Look through the data below for the line with "(now : Time) (ip other" and the line with "-- The address", then output those two and all lines in between, exactly as written.
DATASET CONTENT: Begin
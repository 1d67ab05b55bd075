-- ===== src/Handler/Kerberos/Entry.antt =====
-- internal/handler/auth.go: whom handleNegotiate lets in.
use simple_auth.Handler.Request.{Request}
use simple_auth.Handler.Act.{Act}
use simple_auth.Handler.Kerberos.Sso.{Kerberos}
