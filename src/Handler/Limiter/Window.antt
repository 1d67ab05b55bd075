-- ===== src/Handler/Limiter/Window.antt =====
-- internal/handler/middleware.go: how many requests `allow` lets through.
use simple_auth.Prelude.{
  ℕ, suc, ◌+◌, ◌-◌, ◌≤◌, min, String, ◌≡◌, ◌∙◌, inl, inr, Bool, true, false, Option, none, some,
  List, [], ◌∷◌, arith, lookup, lookup-without, ltb, leb, if◌then◌else◌, Bool-cases, Option-cases,
  ◌==◌, eq_iff, eq_refl, pos,
}
use simple_auth.Store.Types.{Time}
use simple_auth.Handler.Limiter.{IpCounter, RateLimiter, allow, add_duration}

-- A run of `allow` on a list of requests: the number that it lets through, by address.
abbrev as_nat : Bool → ℕ
as_nat true = 1
as_nat false = 0

-- How many of the requests of one address are let through, when requests of all addresses come in
-- the listed order.
unfoldable pub let_through : String → List (Time × String) → RateLimiter → ℕ
unfolding allow
let_through ip [] rl = 0
let_through ip ((now, other) ∷ l) rl =
    let (allowed, rl') = allow now other rl in
    let rest = let_through ip l rl' in if other == ip then as_nat allowed + rest else rest

-- How many requests the address makes.
abbrev pub requests_of : String → List (Time × String) → ℕ
requests_of ip [] = 0
requests_of ip ((now, other) ∷ l) =
    let rest = requests_of ip l in if other == ip then suc rest else rest

-- Every request comes before the instant or at it.
abbrev pub AllBefore : Time → List (Time × String) → Type 0
AllBefore end [] = Unit
AllBefore end ((now, other) ∷ l) = (now ≤ end) × AllBefore end l

-- What `allow` does to the counter of an address, and that it leaves the settings.
allow-other :
    (now : Time) (ip other : String) (rl : RateLimiter)
    → other == ip ≡ false
    → lookup ip (allow now other rl).1.counters ≡ lookup ip rl.counters
unfolding allow
allow-other now ip other rl h = elim (Option-cases (lookup other rl.counters)) [
  | inl absent ↦ rw absent (ground (arith, lookup-without other ip rl.counters))
  | inr (c, there) ↦ rw there (ground (arith, lookup-without other ip rl.counters))
]

allow-keeps :
    (now : Time) (ip : String) (rl : RateLimiter)
    → ((allow now ip rl).1.disabled ≡ rl.disabled) × ((allow now ip rl).1.limit ≡ rl.limit)
unfolding allow
allow-keeps now ip rl = elim (Option-cases (lookup ip rl.counters)) [
  | inl absent ↦ rw absent (ground arith)
  | inr (c, there) ↦ rw there (ground arith)
]

allow-counted :
    (now : Time) (ip : String) (rl : RateLimiter) (c : IpCounter) (n : ℕ)
    → rl.disabled ≡ false
    → rl.limit ≡ pos n
    → lookup ip rl.counters ≡ some c
    → now ≤ c.reset_at
    → ((allow now ip rl).0 ≡ leb (suc c.count) n)
      × (lookup ip (allow now ip rl).1.counters ≡ some (record c { count = suc c.count }))
unfolding allow
allow-counted now ip rl c n off lim there b = rw (off, lim, there) (ground (arith, eq_refl ip))

-- The address has no counter, or one whose window has ended.
abbrev pub is_fresh : Time → Option IpCounter → Bool
is_fresh now none = true
is_fresh now (some c) = ltb c.reset_at now

allow-fresh :
    (now : Time) (ip : String) (rl : RateLimiter)
    → rl.disabled ≡ false
    → is_fresh now (lookup ip rl.counters) ≡ true
    → ((allow now ip rl).0 ≡ true)
      × (lookup ip (allow now ip rl).1.counters
          ≡ some (record { count = 1; reset_at = add_duration now rl.window }))
unfolding allow
allow-fresh now ip rl off fresh = elim (Option-cases (lookup ip rl.counters)) [
  | inl absent ↦ rw (off, absent) (ground (arith, eq_refl ip))
  | inr (c, there) ↦
      let ended : ltb c.reset_at now ≡ true = rw there at fresh in
      rw (off, there, ended) (ground (arith, eq_refl ip))
]

let_through-counted :
    (ip : String) (l : List (Time × String)) (rl : RateLimiter) (c : IpCounter) (n : ℕ)
    → rl.disabled ≡ false
    → rl.limit ≡ pos n
    → lookup ip rl.counters ≡ some c
    → AllBefore c.reset_at l
    → let_through ip l rl ≡ min (n - c.count) (requests_of ip l)
unfolding let_through
let_through-counted ip [] rl c n off lim there b = omega arith
let_through-counted ip ((now, other) ∷ l) rl c n off lim there b =
    let kept = allow-keeps now other rl in
    elim (Bool-cases (other == ip)) [
      | inl same ↦
          let counted = allow-counted now ip rl c n off lim there b.0 in
          let after = allow-keeps now ip rl in
          let rest =
            let_through-counted ip l (allow now ip rl).1 (record c { count = suc c.count }) n
              (after.0 ∙ off) (after.1 ∙ lim) counted.1 b.1 in
          rw ((eq_iff other ip).0 same, eq_refl ip, counted.0, rest) (ground arith)
      | inr apart ↦ rw apart (
          let_through-counted ip l (allow now other rl).1 c n (kept.0 ∙ off) (kept.1 ∙ lim)
            (allow-other now ip other rl apart ∙ there) b.1)
    ]

-- With the limiter on and a positive limit, from the first request of an address in a fresh window
-- to the end of that window, exactly as many of its requests are let through as it makes, or the
-- limit if that is less, whatever requests of other addresses come between.
pub let_through_lem :
    (ip : String) (start : Time) (l : List (Time × String)) (rl : RateLimiter) (n : ℕ)
    → rl.disabled ≡ false
    → rl.limit ≡ pos (suc n)
    → is_fresh start (lookup ip rl.counters) ≡ true
    → AllBefore (add_duration start rl.window) l
    → let_through ip ((start, ip) ∷ l) rl ≡ min (suc n) (requests_of ip ((start, ip) ∷ l))
unfolding let_through
let_through_lem ip start l rl n off lim fresh b =
    let first = allow-fresh start ip rl off fresh in
    let after = allow-keeps start ip rl in
    let rest =
      let_through-counted ip l (allow start ip rl).1
        (record { count = 1; reset_at = add_duration start rl.window }) (suc n) (after.0 ∙ off)
        (after.1 ∙ lim) first.1 b in
    rw (eq_refl ip, first.0, rest) (omega arith)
DATASET CONTENT: End
### RESULT FOR THIS EXERCISE
    (now : Time) (ip other : String) (rl : RateLimiter)
    → other == ip ≡ false
    → lookup ip (allow now other rl).1.counters ≡ lookup ip rl.counters
unfolding allow
allow-other now ip other rl h = elim (Option-cases (lookup other rl.counters)) [
  | inl absent ↦ rw absent (ground (arith, lookup-without other ip rl.counters))
  | inr (c, there) ↦ rw there (ground (arith, lookup-without other ip rl.counters))
]

allow-keeps :
    (now : Time) (ip : String) (rl : RateLimiter)
    → ((allow now ip rl).1.disabled ≡ rl.disabled) × ((allow now ip rl).1.limit ≡ rl.limit)
unfolding allow
allow-keeps now ip rl = elim (Option-cases (lookup ip rl.counters)) [
  | inl absent ↦ rw absent (ground arith)
  | inr (c, there) ↦ rw there (ground arith)
]

allow-counted :
    (now : Time) (ip : String) (rl : RateLimiter) (c : IpCounter) (n : ℕ)
    → rl.disabled ≡ false
    → rl.limit ≡ pos n
    → lookup ip rl.counters ≡ some c
    → now ≤ c.reset_at
    → ((allow now ip rl).0 ≡ leb (suc c.count) n)
      × (lookup ip (allow now ip rl).1.counters ≡ some (record c { count = suc c.count }))
unfolding allow
allow-counted now ip rl c n off lim there b = rw (off, lim, there) (ground (arith, eq_refl ip))

-- The address has no counter, or one whose window has ended.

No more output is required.